What Faculty do you work in?
Science and Engineering
What is your main area of research?
My research focuses on global cities, the business of cities, the future of cities, and on the application of continental philosophy for understanding the contemporary world.
Why is your research important?
Global cities, exemplified by London and New York, are the world’s wealthiest and most important cities for international business. My research concerns solutions to the challenges, problems, and pathologies that Global Cities face as the nexuses of globalization. I focus on the networks that global cities make and participate in; linkages that bind global cities together on a worldwide basis and often overcome the limitations of the nation-state system – e.g. it is city, rather than national, leaders who have pushed forward the 2016 Paris Agreement though their collaborative membership of sub-national inter-city international networks like the C40 cities group. This focus on global city networks of all kinds drives my teaching of this subject in our MSc in Society, Environment and Global Change postgraduate degree, and intersects with my supervision of PhD students working on healthy, smart and sustainable city projects: on cities like NEOM and Medina in Saudi Arabia, and Bristol and Swansea in the UK.

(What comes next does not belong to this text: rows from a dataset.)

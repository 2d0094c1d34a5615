-- ===== src/Connection/Closing.antt =====
-- `close` of include/rest_rpc/rpc_connection.hpp: a connection reports its end at most once.
use rest_rpc.Base.{
  ℕ, zero, suc, ◌≤◌, ◌≡◌, arith, Bool, true, ◌==◌, ltb, if◌then◌else◌, length, Bool-cases,
  Option-cases, if_elim, inl, inr,
}
use rest_rpc.ErrorCode.{ErrorCode, is_error}
use rest_rpc.Protocol.{
  Host, RestRpcHeader, header_of_bytes, rest_magic_num, header_size, parse_recieved,
}
use rest_rpc.Router.{Text, RpcResult, RpcRouter, route}
use rest_rpc.Transport.{Transport, ReadResult, read, failed}
use rest_rpc.Connection.{
  Next, again, ended, escaped, Session, set_last_time, close, response, response_bytes, after_write,
  after_response, after_route, start_route, after_body, start_body, start_header, after_header,
  start_pass, start, resume,
}

module _ (host : Host) (t : Transport) (App : Type 0) where
  open t use {Net, async_read, async_write, max_size}

  abbrev Here : Type 0
  Here = Session host t App

  -- The quit callback has been called at most once, and not before the connection was closed.
  abbrev pub IsQuitOnce : Here → Type 0
  IsQuitOnce s = length s.quits ≤ (if s.connection.has_closed then 1 else 0)

  -- Closing a closed connection does nothing, with the callback or without.
  pub close-close :
      (a b : Bool) (s : Here) → close host t App b (close host t App a s) ≡ close host t App a s
  unfolding close
  close-close a b s = ground arith

  set_last_time-IsQuitOnce : (s : Here) → IsQuitOnce s → IsQuitOnce (set_last_time host t App s)
  unfolding set_last_time
  set_last_time-IsQuitOnce s h = ground arith

  close-IsQuitOnce : (b : Bool) (s : Here) → IsQuitOnce s → IsQuitOnce (close host t App b s)
  unfolding close
  close-IsQuitOnce b s h = ground arith

  after_write-IsQuitOnce :
      (s : Here) (w : Net × ErrorCode) → IsQuitOnce s → IsQuitOnce (after_write host t App s w).0
  unfolding after_write
  after_write-IsQuitOnce s (net', ec) h = elim (Bool-cases (is_error ec)) [
    | inl e ↦ rw e (close-IsQuitOnce true (record s { net = net' }) h)
    | inr e ↦ rw e h
  ]

  response-IsQuitOnce :
      (result : RpcResult) (func_id : ℕ) (s : Here)
      → IsQuitOnce s
      → IsQuitOnce (response host t App result func_id s).0
  unfolding response
  response-IsQuitOnce result func_id s h =
      after_write-IsQuitOnce (set_last_time host t App s)
        (async_write
          (response_bytes host t App (set_last_time host t App s).connection.cross_ending result
            func_id)
          (set_last_time host t App s).net)
        (set_last_time-IsQuitOnce s h)

  -- What the router's functions do keeps the condition.
  abbrev pub KeepsQuitOnce : RpcRouter Here → Type 0
  KeepsQuitOnce router =
      (key : ℕ) (body : Text) (s : Here) → IsQuitOnce s → IsQuitOnce (route router key body s).0

  module _ (router : RpcRouter Here) (keeps : KeepsQuitOnce router) where
    after_route-IsQuitOnce :
        (r : Here × RpcResult) → IsQuitOnce r.0 → IsQuitOnce (after_route host t App r).0
    unfolding after_route after_response
    after_route-IsQuitOnce (s, result) h =
        if_elim (λ (r : Here × Next). IsQuitOnce r.0) s.tls.delay _ _ h
          (response-IsQuitOnce result 0 s h)

    start_route-IsQuitOnce :
        (header : RestRpcHeader) (s : Here)
        → IsQuitOnce s
        → IsQuitOnce (start_route host t App router header s).0
    unfolding start_route
    start_route-IsQuitOnce header s h =
        after_route-IsQuitOnce _ (keeps header.function_id s.connection.body _ h)

    after_body-IsQuitOnce :
        (header : RestRpcHeader) (s : Here) (r : Net × ReadResult)
        → IsQuitOnce s
        → IsQuitOnce (after_body host t App router header s r).0
    unfolding after_body
    after_body-IsQuitOnce header s (net', failed ec) h = close-IsQuitOnce true _ h
    after_body-IsQuitOnce header s (net', read bytes) h = start_route-IsQuitOnce header _ h

    start_body-IsQuitOnce :
        (header : RestRpcHeader) (s : Here)
        → IsQuitOnce s
        → IsQuitOnce (start_body host t App router header s).0
    unfolding start_body
    start_body-IsQuitOnce header s h =
        if_elim (λ (r : Here × Next). IsQuitOnce r.0) (ltb max_size header.body_len) _ _ h
          (if_elim (λ (r : Here × Next). IsQuitOnce r.0) (header.body_len == 0) _ _
            (start_route-IsQuitOnce header _ h)
            (after_body-IsQuitOnce header (set_last_time host t App s) _
              (set_last_time-IsQuitOnce s h)))

    start_header-IsQuitOnce :
        (header : RestRpcHeader) (s : Here)
        → IsQuitOnce s
        → IsQuitOnce (start_header host t App router header s).0
    unfolding start_header
    start_header-IsQuitOnce received s h =
        let header = if s.connection.cross_ending then parse_recieved host received else received in
        if_elim (λ (r : Here × Next). IsQuitOnce r.0) (header.magic == rest_magic_num) _ _
          (if_elim (λ (r : Here × Next). IsQuitOnce r.0) (header.msg_type == 1) _ _ h
            (start_body-IsQuitOnce header s h))
          h

    after_header-IsQuitOnce :
        (s : Here) (r : Net × ReadResult)
        → IsQuitOnce s
        → IsQuitOnce (after_header host t App router s r).0
    unfolding after_header
    after_header-IsQuitOnce s (net', failed ec) h = close-IsQuitOnce true _ h
    after_header-IsQuitOnce s (net', read bytes) h =
        elim (Option-cases (header_of_bytes host.endian bytes)) [
          | inl e ↦ rw (e, after_header) h
          | inr (header, e) ↦ rw (e, after_header) (start_header-IsQuitOnce header _ h)
        ]

    start_pass-IsQuitOnce :
        (s : Here) → IsQuitOnce s → IsQuitOnce (start_pass host t App router s).0
    unfolding start_pass
    start_pass-IsQuitOnce s h =
        after_header-IsQuitOnce (set_last_time host t App s)
          (async_read header_size (set_last_time host t App s).net) (set_last_time-IsQuitOnce s h)

    resume-IsQuitOnce :
        (loop : Here → Here × Next)
        → ((s : Here) → IsQuitOnce s → IsQuitOnce (loop s).0)
        → (r : Here × Next) → IsQuitOnce r.0
        → IsQuitOnce (resume host t App loop r).0
    unfolding resume
    resume-IsQuitOnce loop keep (s, again) h = keep s h
    resume-IsQuitOnce loop keep (s, ended) h = h
    resume-IsQuitOnce loop keep (s, escaped) h = h

    -- However many passes the loop makes, the quit callback has been called at most once, and not
    -- before the connection was closed, if it was so at the start and the functions keep it.
    pub start-IsQuitOnce :
        (passes : ℕ) (s : Here) → IsQuitOnce s → IsQuitOnce (start host t App passes router s).0
    unfolding start
    start-IsQuitOnce zero s h = h
    start-IsQuitOnce (suc passes) s h =
        resume-IsQuitOnce (start host t App passes router) (start-IsQuitOnce passes)
          (start_pass host t App router s) (start_pass-IsQuitOnce s h)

What SDG is your research most closely aligned with?
Sustainable Development Goal 11 – Sustainable cities and communities
What do you hope to accomplish with your research?
In 2016 I attended the UN-Habitat Conference on Housing and Sustainable Urban Development in Quito, Ecuador (17 - 20 October) which launched a ‘New Urban Agenda’ to drive UN Sustainable Development Goal 11 – Sustainable cities and communities. In Quito it was clear that the goal of making cities sustainable for a carbon-neutral world was especially important in the world’s leading global cities of the most advanced economies. This is why one focus of my research in recent years has been on two of the stand-out features of the built environment that define the functional success of the world’s leading global cities and financial centers: luxury real estate and specifically the residential and office skyscrapers in global cities. Understanding what is happening regarding these two aspects of global cities is an important, yet not so obvious, component in helping achieve the UN’s ambitious goal because they are both so costly in terms of embodied and operational carbon emissions.
Is there a cross-disciplinary element to your research? If so, who else at the University is involved?
None to date.
Are there any external collaborators involved?
None, but as Director of the University’s Centre for Urban Theory (CUT) I welcome all expressions of interest from anyone researching cities and urban life, be they based at Swansea or elsewhere.
What is next for your research?
I am interested in the future of skyscrapers after the Covid-19 pandemic. Previously published research is the basis for theoretical and empirical studies on the changing demand and usage of skyscrapers in the CBDs and financial districts of global cities. To know and forecast skyscraper demand and usage across the networks of the world’s global firms will enable insights into how global cities work, and will work in the future, through skyscrapers. This is important for reasons ranging from the planning of CBDs and financial districts to the managing of, and finding solutions to, the embodied and operational carbon emissions that skyscrapers demand.